_What is needed_.
Among the lines of the records below, count those with the word "Unit". Reply with that number alone.

Saved entries
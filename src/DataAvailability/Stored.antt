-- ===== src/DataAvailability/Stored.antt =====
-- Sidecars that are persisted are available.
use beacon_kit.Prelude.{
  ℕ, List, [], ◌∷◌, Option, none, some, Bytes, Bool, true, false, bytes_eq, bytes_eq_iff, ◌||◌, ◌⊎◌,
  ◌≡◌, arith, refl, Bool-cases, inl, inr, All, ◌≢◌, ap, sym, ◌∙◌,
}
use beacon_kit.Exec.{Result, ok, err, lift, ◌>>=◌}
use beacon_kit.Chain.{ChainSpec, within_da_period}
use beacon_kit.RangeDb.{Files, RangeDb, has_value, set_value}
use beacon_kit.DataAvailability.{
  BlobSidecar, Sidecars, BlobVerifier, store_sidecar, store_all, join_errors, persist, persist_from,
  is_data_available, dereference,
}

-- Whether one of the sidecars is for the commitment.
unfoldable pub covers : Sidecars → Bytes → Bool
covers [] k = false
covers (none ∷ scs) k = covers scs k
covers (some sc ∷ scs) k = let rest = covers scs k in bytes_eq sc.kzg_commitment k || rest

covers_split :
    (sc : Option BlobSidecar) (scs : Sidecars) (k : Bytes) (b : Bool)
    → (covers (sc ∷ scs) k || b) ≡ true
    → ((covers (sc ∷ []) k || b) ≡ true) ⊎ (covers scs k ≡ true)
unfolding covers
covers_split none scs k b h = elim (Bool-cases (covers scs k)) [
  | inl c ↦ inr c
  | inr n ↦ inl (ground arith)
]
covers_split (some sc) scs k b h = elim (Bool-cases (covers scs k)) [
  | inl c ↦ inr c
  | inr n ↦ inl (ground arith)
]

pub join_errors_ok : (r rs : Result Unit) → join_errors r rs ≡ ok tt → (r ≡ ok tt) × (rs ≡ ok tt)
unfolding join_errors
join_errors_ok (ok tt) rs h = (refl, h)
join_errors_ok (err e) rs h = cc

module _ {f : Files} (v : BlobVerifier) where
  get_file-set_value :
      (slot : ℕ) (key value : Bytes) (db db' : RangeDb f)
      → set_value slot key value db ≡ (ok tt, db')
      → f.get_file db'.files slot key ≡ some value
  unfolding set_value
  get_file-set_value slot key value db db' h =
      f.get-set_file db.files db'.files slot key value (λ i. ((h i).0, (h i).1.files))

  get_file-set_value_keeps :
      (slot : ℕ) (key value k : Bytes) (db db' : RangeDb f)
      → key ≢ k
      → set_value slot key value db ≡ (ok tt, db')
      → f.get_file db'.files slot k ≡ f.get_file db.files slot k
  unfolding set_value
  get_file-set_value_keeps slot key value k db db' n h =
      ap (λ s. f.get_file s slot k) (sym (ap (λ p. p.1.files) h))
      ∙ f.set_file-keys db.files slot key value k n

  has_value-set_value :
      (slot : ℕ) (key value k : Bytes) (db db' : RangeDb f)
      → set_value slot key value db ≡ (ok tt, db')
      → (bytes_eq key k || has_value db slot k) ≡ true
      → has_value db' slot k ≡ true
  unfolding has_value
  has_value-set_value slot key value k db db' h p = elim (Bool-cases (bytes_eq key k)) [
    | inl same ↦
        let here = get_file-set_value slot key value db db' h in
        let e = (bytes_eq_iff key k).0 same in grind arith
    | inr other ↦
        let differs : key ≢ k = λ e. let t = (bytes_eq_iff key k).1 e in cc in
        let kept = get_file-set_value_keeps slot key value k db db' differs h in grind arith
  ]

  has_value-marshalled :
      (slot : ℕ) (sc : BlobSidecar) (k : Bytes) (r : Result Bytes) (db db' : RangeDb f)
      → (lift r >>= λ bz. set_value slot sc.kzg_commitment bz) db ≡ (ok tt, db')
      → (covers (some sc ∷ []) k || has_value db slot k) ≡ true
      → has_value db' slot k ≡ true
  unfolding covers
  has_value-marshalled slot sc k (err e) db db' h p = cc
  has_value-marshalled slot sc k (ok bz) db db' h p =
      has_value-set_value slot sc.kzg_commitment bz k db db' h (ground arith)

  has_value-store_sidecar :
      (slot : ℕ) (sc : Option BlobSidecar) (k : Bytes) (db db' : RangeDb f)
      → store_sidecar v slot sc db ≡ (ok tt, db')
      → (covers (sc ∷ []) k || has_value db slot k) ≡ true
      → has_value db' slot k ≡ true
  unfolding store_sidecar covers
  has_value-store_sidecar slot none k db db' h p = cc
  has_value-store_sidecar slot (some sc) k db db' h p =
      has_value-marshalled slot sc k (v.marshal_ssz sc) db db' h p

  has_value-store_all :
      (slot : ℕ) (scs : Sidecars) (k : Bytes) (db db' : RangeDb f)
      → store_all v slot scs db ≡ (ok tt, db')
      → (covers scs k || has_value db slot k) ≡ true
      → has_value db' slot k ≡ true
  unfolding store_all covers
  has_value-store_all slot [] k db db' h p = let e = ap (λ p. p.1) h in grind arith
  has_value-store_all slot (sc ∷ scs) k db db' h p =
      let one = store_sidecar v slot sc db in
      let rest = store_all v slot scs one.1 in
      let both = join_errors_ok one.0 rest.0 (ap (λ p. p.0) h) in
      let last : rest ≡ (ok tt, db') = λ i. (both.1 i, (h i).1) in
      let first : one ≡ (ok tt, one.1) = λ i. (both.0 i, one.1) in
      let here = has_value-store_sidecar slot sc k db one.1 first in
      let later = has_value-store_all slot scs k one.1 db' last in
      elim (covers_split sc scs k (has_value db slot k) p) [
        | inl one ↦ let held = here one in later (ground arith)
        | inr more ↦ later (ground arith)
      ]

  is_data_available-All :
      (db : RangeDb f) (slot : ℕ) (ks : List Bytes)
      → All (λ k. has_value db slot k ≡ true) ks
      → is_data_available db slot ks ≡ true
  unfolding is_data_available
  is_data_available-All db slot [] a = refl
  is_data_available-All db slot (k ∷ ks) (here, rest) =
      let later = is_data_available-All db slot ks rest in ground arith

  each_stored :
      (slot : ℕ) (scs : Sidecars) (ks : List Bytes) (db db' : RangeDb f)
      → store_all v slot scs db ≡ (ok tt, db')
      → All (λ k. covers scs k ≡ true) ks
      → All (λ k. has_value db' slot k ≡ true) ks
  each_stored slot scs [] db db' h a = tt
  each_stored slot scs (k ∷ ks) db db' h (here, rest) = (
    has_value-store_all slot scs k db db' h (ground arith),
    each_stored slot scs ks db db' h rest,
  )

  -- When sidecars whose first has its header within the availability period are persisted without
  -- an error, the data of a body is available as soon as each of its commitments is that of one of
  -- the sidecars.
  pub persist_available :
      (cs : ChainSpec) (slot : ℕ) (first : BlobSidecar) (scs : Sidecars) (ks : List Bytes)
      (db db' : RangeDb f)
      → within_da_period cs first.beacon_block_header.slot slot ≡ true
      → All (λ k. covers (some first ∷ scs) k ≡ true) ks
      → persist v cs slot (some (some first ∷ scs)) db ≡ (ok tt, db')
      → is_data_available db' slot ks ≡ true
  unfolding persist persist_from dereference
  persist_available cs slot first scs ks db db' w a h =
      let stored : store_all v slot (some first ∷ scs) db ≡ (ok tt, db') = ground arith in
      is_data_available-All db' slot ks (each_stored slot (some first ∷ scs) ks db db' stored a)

==

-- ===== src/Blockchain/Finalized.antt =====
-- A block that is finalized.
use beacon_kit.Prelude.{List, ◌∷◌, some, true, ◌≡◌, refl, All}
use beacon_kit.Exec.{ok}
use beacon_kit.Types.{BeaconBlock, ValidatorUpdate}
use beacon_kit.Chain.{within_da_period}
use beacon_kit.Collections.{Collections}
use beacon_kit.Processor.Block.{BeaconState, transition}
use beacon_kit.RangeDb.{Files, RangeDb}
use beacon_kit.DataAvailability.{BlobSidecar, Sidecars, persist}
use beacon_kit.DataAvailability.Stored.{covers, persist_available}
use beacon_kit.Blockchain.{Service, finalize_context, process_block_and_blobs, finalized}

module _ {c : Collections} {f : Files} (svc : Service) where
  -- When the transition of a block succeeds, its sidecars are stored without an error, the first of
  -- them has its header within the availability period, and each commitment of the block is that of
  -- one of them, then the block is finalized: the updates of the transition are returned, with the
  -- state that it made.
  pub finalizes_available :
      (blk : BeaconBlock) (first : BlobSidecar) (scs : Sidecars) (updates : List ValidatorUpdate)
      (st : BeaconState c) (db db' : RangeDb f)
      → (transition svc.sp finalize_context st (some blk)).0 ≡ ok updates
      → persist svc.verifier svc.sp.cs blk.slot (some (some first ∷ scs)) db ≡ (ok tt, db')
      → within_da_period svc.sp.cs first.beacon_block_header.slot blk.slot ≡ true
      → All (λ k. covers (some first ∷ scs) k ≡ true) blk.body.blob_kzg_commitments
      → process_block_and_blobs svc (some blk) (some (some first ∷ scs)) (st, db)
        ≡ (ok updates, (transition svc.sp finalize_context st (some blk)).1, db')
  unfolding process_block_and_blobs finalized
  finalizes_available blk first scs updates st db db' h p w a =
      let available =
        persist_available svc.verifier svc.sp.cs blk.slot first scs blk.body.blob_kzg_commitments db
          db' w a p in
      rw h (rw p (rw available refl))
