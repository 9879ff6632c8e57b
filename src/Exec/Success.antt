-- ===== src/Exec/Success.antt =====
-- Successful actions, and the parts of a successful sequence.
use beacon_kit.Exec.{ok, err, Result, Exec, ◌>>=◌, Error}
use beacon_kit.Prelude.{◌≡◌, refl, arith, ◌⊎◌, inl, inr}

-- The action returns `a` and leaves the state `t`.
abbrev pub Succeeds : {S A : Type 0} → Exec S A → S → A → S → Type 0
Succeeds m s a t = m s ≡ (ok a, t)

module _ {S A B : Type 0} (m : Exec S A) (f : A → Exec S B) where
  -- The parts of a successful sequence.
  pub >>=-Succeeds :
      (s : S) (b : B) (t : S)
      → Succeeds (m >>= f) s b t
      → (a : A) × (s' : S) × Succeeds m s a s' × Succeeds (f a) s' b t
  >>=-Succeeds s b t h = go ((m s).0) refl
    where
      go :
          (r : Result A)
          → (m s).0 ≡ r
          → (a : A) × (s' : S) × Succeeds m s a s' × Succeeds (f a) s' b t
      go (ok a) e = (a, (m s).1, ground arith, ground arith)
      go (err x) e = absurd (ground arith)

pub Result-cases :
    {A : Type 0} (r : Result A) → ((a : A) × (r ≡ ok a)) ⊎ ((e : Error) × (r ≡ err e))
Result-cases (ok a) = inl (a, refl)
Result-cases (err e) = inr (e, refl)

==

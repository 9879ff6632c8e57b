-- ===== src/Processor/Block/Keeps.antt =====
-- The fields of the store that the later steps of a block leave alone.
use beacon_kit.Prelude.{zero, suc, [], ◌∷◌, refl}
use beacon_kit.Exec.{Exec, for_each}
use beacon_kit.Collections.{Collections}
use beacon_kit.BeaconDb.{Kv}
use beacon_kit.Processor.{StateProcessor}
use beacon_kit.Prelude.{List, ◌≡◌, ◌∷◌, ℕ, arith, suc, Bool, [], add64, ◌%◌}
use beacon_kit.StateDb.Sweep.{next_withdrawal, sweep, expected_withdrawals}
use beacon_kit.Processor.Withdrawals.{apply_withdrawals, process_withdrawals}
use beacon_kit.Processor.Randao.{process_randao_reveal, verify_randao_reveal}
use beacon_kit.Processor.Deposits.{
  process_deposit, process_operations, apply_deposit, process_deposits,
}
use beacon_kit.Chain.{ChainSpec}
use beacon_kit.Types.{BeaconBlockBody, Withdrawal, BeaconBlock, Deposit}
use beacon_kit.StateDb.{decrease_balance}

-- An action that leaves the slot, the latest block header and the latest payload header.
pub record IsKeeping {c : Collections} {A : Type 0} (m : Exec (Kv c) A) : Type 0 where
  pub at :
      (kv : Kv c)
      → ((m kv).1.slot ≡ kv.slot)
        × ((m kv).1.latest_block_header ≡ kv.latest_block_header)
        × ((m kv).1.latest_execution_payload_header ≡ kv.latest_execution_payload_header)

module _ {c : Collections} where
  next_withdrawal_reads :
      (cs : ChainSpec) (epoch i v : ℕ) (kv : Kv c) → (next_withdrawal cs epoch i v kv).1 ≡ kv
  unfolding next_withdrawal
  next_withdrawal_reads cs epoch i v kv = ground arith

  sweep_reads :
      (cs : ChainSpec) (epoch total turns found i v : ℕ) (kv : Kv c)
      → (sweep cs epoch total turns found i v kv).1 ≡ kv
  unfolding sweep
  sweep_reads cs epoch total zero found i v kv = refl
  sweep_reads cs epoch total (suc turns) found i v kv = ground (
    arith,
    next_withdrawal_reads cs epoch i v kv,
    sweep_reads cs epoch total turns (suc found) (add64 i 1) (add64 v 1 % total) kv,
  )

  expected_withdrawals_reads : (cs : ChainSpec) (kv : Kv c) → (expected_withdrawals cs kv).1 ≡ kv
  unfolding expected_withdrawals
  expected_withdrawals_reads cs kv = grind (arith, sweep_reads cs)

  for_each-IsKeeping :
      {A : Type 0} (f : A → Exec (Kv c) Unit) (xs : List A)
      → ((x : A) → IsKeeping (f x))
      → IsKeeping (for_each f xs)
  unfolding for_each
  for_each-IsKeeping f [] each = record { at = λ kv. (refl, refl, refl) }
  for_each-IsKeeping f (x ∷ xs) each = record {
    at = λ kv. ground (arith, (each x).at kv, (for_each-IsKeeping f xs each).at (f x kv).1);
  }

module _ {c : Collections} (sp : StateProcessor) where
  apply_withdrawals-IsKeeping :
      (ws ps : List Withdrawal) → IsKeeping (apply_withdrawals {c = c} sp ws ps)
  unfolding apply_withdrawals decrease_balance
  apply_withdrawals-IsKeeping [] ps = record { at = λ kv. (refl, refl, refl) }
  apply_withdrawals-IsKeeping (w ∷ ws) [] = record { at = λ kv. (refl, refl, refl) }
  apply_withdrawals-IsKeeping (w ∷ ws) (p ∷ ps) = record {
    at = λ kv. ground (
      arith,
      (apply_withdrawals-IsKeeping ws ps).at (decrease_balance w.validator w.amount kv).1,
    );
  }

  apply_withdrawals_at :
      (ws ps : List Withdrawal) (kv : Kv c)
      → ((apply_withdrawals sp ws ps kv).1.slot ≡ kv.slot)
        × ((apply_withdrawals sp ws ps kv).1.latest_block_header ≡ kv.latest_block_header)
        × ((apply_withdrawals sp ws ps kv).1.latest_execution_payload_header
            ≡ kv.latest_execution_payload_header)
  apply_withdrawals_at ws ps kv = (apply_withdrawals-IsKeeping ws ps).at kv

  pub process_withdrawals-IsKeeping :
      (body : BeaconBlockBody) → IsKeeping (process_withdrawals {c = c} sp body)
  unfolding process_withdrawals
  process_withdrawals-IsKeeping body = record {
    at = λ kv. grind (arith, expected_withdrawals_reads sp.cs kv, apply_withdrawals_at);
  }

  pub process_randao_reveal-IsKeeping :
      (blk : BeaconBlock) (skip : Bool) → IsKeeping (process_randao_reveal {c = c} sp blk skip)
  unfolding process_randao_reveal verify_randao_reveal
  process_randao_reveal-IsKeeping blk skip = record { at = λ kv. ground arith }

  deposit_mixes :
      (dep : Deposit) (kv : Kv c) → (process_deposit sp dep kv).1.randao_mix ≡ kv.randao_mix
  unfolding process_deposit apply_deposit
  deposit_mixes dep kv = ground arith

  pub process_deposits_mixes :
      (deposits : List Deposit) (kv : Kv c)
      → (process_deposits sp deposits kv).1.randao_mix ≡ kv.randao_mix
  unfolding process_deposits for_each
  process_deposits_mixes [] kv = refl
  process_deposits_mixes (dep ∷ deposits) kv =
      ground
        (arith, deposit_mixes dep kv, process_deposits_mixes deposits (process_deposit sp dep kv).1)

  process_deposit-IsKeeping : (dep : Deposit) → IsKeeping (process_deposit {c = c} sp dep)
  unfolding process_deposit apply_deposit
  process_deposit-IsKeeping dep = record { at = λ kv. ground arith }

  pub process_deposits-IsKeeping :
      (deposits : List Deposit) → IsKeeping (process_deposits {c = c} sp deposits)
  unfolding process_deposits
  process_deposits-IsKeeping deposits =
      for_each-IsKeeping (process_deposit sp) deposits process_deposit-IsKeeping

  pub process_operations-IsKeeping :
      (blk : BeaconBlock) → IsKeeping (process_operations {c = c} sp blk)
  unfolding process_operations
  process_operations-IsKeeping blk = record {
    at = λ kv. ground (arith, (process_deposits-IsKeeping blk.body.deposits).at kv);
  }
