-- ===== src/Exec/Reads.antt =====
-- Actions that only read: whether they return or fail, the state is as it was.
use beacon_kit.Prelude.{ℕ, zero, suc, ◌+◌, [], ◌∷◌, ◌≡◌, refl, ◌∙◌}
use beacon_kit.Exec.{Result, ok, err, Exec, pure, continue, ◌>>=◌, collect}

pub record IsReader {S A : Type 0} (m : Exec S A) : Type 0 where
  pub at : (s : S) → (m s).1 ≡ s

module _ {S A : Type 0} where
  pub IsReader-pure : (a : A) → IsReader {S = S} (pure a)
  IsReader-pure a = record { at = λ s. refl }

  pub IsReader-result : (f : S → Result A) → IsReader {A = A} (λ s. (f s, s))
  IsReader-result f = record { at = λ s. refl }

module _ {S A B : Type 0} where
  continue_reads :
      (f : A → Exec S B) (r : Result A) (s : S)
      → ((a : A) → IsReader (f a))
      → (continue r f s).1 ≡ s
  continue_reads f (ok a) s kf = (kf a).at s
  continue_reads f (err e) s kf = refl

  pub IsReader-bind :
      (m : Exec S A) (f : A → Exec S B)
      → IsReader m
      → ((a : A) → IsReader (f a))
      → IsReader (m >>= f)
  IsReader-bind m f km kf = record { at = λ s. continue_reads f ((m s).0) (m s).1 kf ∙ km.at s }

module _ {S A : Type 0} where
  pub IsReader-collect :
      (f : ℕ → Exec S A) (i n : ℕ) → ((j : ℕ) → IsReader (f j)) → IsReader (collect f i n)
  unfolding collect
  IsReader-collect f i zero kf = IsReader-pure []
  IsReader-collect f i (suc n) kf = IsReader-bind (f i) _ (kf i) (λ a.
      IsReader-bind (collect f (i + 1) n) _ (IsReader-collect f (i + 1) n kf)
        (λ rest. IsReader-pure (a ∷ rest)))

_Task output_.
2